После этих замечаний рассмотрим, какова может быть сила этой новой присяги.
Во-первых, относительно её цели, содержание её показывает, что этими ясными словами хотели удовлетворить новым идеям, освятить новое право, сделать саму присягу менее мистической, менее идолопоклоннической, более достойной человека и гражданина. Сочетанием этих трех великих слов – «Народ, Закон и Король», думали придать присяге более разумности и величия. Делая эти три имени, так сказать, солидарными, напоминая о конституциях, высочайшем выражении закона, думали упрочить общественное здание и придать власти ненарушимость закона и неисчезаемость народа. Так, вероятно, рассуждали учредители этой присяги; и это доказывает, что они поступали скорее, как поэты, чем государственные люди.
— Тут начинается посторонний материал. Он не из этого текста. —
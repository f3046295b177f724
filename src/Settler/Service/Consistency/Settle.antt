-- ===== src/Settler/Service/Consistency/Settle.antt =====
-- `settle_invoice` (settler/service.py) keeps the invariant between invoices and grants.
use notchstave.Common.{ℕ, Bool, Option, none, some, List, [], ◌∷◌, arith}
use notchstave.Common.Int.{ℤ}
use notchstave.Settler.Policy.{Outcome, AmountDecision, MoneyPolicy}
use notchstave.Settler.Ledger.{Payment, Ledger}
use notchstave.Settler.Ledger.Invoices.{InvoiceContext, lock_invoice}
use notchstave.Settler.Ledger.Outbox.{write_audit}
use notchstave.Settler.Service.{done, open_reviews_for_anomalies}
use notchstave.Settler.Service.Apply.{Decided, apply_partially_paid, apply_underpaid_manual_review}
use notchstave.Settler.Service.Settle.{
  refuse_tampered_invoice, promote_candidates, apply_by_outcome, apply_decision, settle_pending,
  settle_decided, settle_funded, settle_live, settle_locked, settle_invoice,
}
use notchstave.Settler.Service.Facade.{settle}
use notchstave.Settler.Service.Consistency.{
  IsConsistent, enqueue_notification-IsConsistent, open_manual_review-IsConsistent,
  promote_payment_to_confirmed-IsConsistent, cas_invoice_status-IsConsistent,
}
use notchstave.Settler.Service.Consistency.Grant.{StaysConsistent, apply_settlement-StaysConsistent}

ruleset keeps = (
  enqueue_notification-IsConsistent, open_manual_review-IsConsistent,
  cas_invoice_status-IsConsistent,
)

pub open_reviews_for_anomalies-IsConsistent :
    (i : ℕ) (ps : List Payment) (db : Ledger)
    → IsConsistent db
    → IsConsistent (open_reviews_for_anomalies i ps db).1
unfolding open_reviews_for_anomalies
open_reviews_for_anomalies-IsConsistent i [] db ok = ok
open_reviews_for_anomalies-IsConsistent i (p ∷ ps) db ok =
    grind (arith, keeps, open_reviews_for_anomalies-IsConsistent i ps)

pub promote_candidates-IsConsistent :
    (cutoff : ℤ) (ps : List Payment) (db : Ledger)
    → IsConsistent db
    → IsConsistent (promote_candidates cutoff ps db)
unfolding promote_candidates
promote_candidates-IsConsistent cutoff [] db ok = ok
promote_candidates-IsConsistent cutoff (p ∷ ps) db ok = grind (
  arith,
  promote_candidates-IsConsistent cutoff ps,
  promote_payment_to_confirmed-IsConsistent p.id db ok,
)

refuse_tampered_invoice-IsConsistent :
    (ctx : InvoiceContext) (db : Ledger)
    → IsConsistent db
    → StaysConsistent (done (refuse_tampered_invoice ctx db))
unfolding refuse_tampered_invoice write_audit StaysConsistent
refuse_tampered_invoice-IsConsistent ctx db ok = grind (arith, keeps)

apply_by_outcome-StaysConsistent :
    (o : Outcome) (s : Decided) (db : Ledger)
    → IsConsistent db
    → StaysConsistent (done (apply_by_outcome o s db))
unfolding apply_by_outcome apply_partially_paid apply_underpaid_manual_review write_audit
    StaysConsistent
apply_by_outcome-StaysConsistent o s db ok = grind (arith, keeps)

apply_decision-StaysConsistent :
    (s : Decided) (db : Ledger) → IsConsistent db → StaysConsistent (apply_decision s db)
unfolding apply_decision
apply_decision-StaysConsistent s db ok = ground (
  arith,
  apply_settlement-StaysConsistent s db ok,
  apply_by_outcome-StaysConsistent s.decision.outcome s db ok,
)

settle_pending-StaysConsistent :
    (potential : Option AmountDecision) (s : Decided) (db : Ledger)
    → IsConsistent db
    → StaysConsistent (settle_pending potential s db)
unfolding settle_pending StaysConsistent
settle_pending-StaysConsistent potential s db ok =
    ground (arith, apply_decision-StaysConsistent s db ok)

module _ (policy : MoneyPolicy) where
  settle_decided-StaysConsistent :
      (d : Option AmountDecision) (s : AmountDecision → Decided) (db : Ledger)
      → IsConsistent db
      → StaysConsistent (settle_decided policy d s db)
  unfolding settle_decided StaysConsistent
  settle_decided-StaysConsistent none s db ok = tt
  settle_decided-StaysConsistent (some d) s db ok = ground (
    arith,
    apply_decision-StaysConsistent (s d) db ok,
    settle_pending-StaysConsistent _ (s d) db ok,
  )

  settle_funded-StaysConsistent :
      (ctx : InvoiceContext) (ps : List Payment) (reviews : List ℕ) (db : Ledger)
      → IsConsistent db
      → StaysConsistent (settle_funded policy ctx ps reviews db)
  unfolding settle_funded
  settle_funded-StaysConsistent ctx ps reviews db ok =
      grind (arith, settle_decided-StaysConsistent, promote_candidates-IsConsistent)

  settle_live-StaysConsistent :
      (ctx : InvoiceContext) (db : Ledger)
      → IsConsistent db
      → StaysConsistent (settle_live policy ctx db)
  unfolding settle_live StaysConsistent
  settle_live-StaysConsistent ctx db ok =
      grind (arith, open_reviews_for_anomalies-IsConsistent, settle_funded-StaysConsistent)

  module _ (mac : List ℕ → List ℕ) where
    settle_locked-StaysConsistent :
        (i : ℕ) (found : Option InvoiceContext) (db : Ledger)
        → IsConsistent db
        → StaysConsistent (settle_locked policy mac i found db)
    unfolding settle_locked StaysConsistent
    settle_locked-StaysConsistent i none db ok = tt
    settle_locked-StaysConsistent i (some ctx) db ok = ground (
      arith,
      refuse_tampered_invoice-IsConsistent ctx db ok,
      settle_live-StaysConsistent ctx db ok,
    )

    -- Where every invoice is settled exactly if it has an active grant, a settlement of any invoice that
    -- does not raise leaves that true of every invoice, and it never finds its grant taken.
    pub settle_invoice-StaysConsistent :
        (i : ℕ) (db : Ledger) → IsConsistent db → StaysConsistent (settle_invoice policy mac i db)
    unfolding settle_invoice
    settle_invoice-StaysConsistent i db ok =
        settle_locked-StaysConsistent i (lock_invoice i db) db ok

    -- `Settler.settle` keeps that invariant: what raises is rolled back, and a busy lock changes nothing.
    pub settle-IsConsistent :
        (acquired : Bool) (i : ℕ) (db : Ledger)
        → IsConsistent db
        → IsConsistent (settle policy mac acquired i db).1
    unfolding settle StaysConsistent
    settle-IsConsistent acquired i db ok = ground (arith, settle_invoice-StaysConsistent i db ok)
Их риторика рушится перед здравым смыслом.
В самом деле: очевидно, что присяга, приносимая трем лицам или, пожалуй, трем принципам, не может быть так определительна, как если ее приносят одному; точно также всякое обязательство, что-нибудь делать или чего-нибудь не делать, может скорее подать повод к перетолкованиям, путанице и придиркам, когда относится к нескольким лицам, чем когда заключено с одним на определенных условиях или даже без всяких условий. Так как политическая присяга с 1789 г. приносится, в одно и тоже время, и народу, и закону, и королю – все равно выражено ли это в ней прямо, или затаено, – то она по необходимости должна быть условна, должна подлежать толкованиям и предполагает взаимность. Напрасно президент законодательного корпуса зажимает рот депутату, который, прежде чем поднять руку и произнести присягу, просит позволения объясниться. Самая сущность этого действия дает присягающему право объясниться.
Конституция 91, 1804 и 1814, самые монархические из наших конституций, требуют от императора или короля присяги, равносильной той, которая приносится ему самому; в этой присяге напоминаются и выражаются принципы 89 г. и дух революции, и главе государства вменяется ею в обязанность защищать эти начала. Это несомненно доказывает, что с 1789 г. политическая присяга обратилась в обоюдосторонний договор между государем и подданными. Одна только конституция 1852 не выражает прямо этих начал. Но это должно считать просто нечаянным упущением, на которое, смею думать, Наполеон III не дерзнет опереться.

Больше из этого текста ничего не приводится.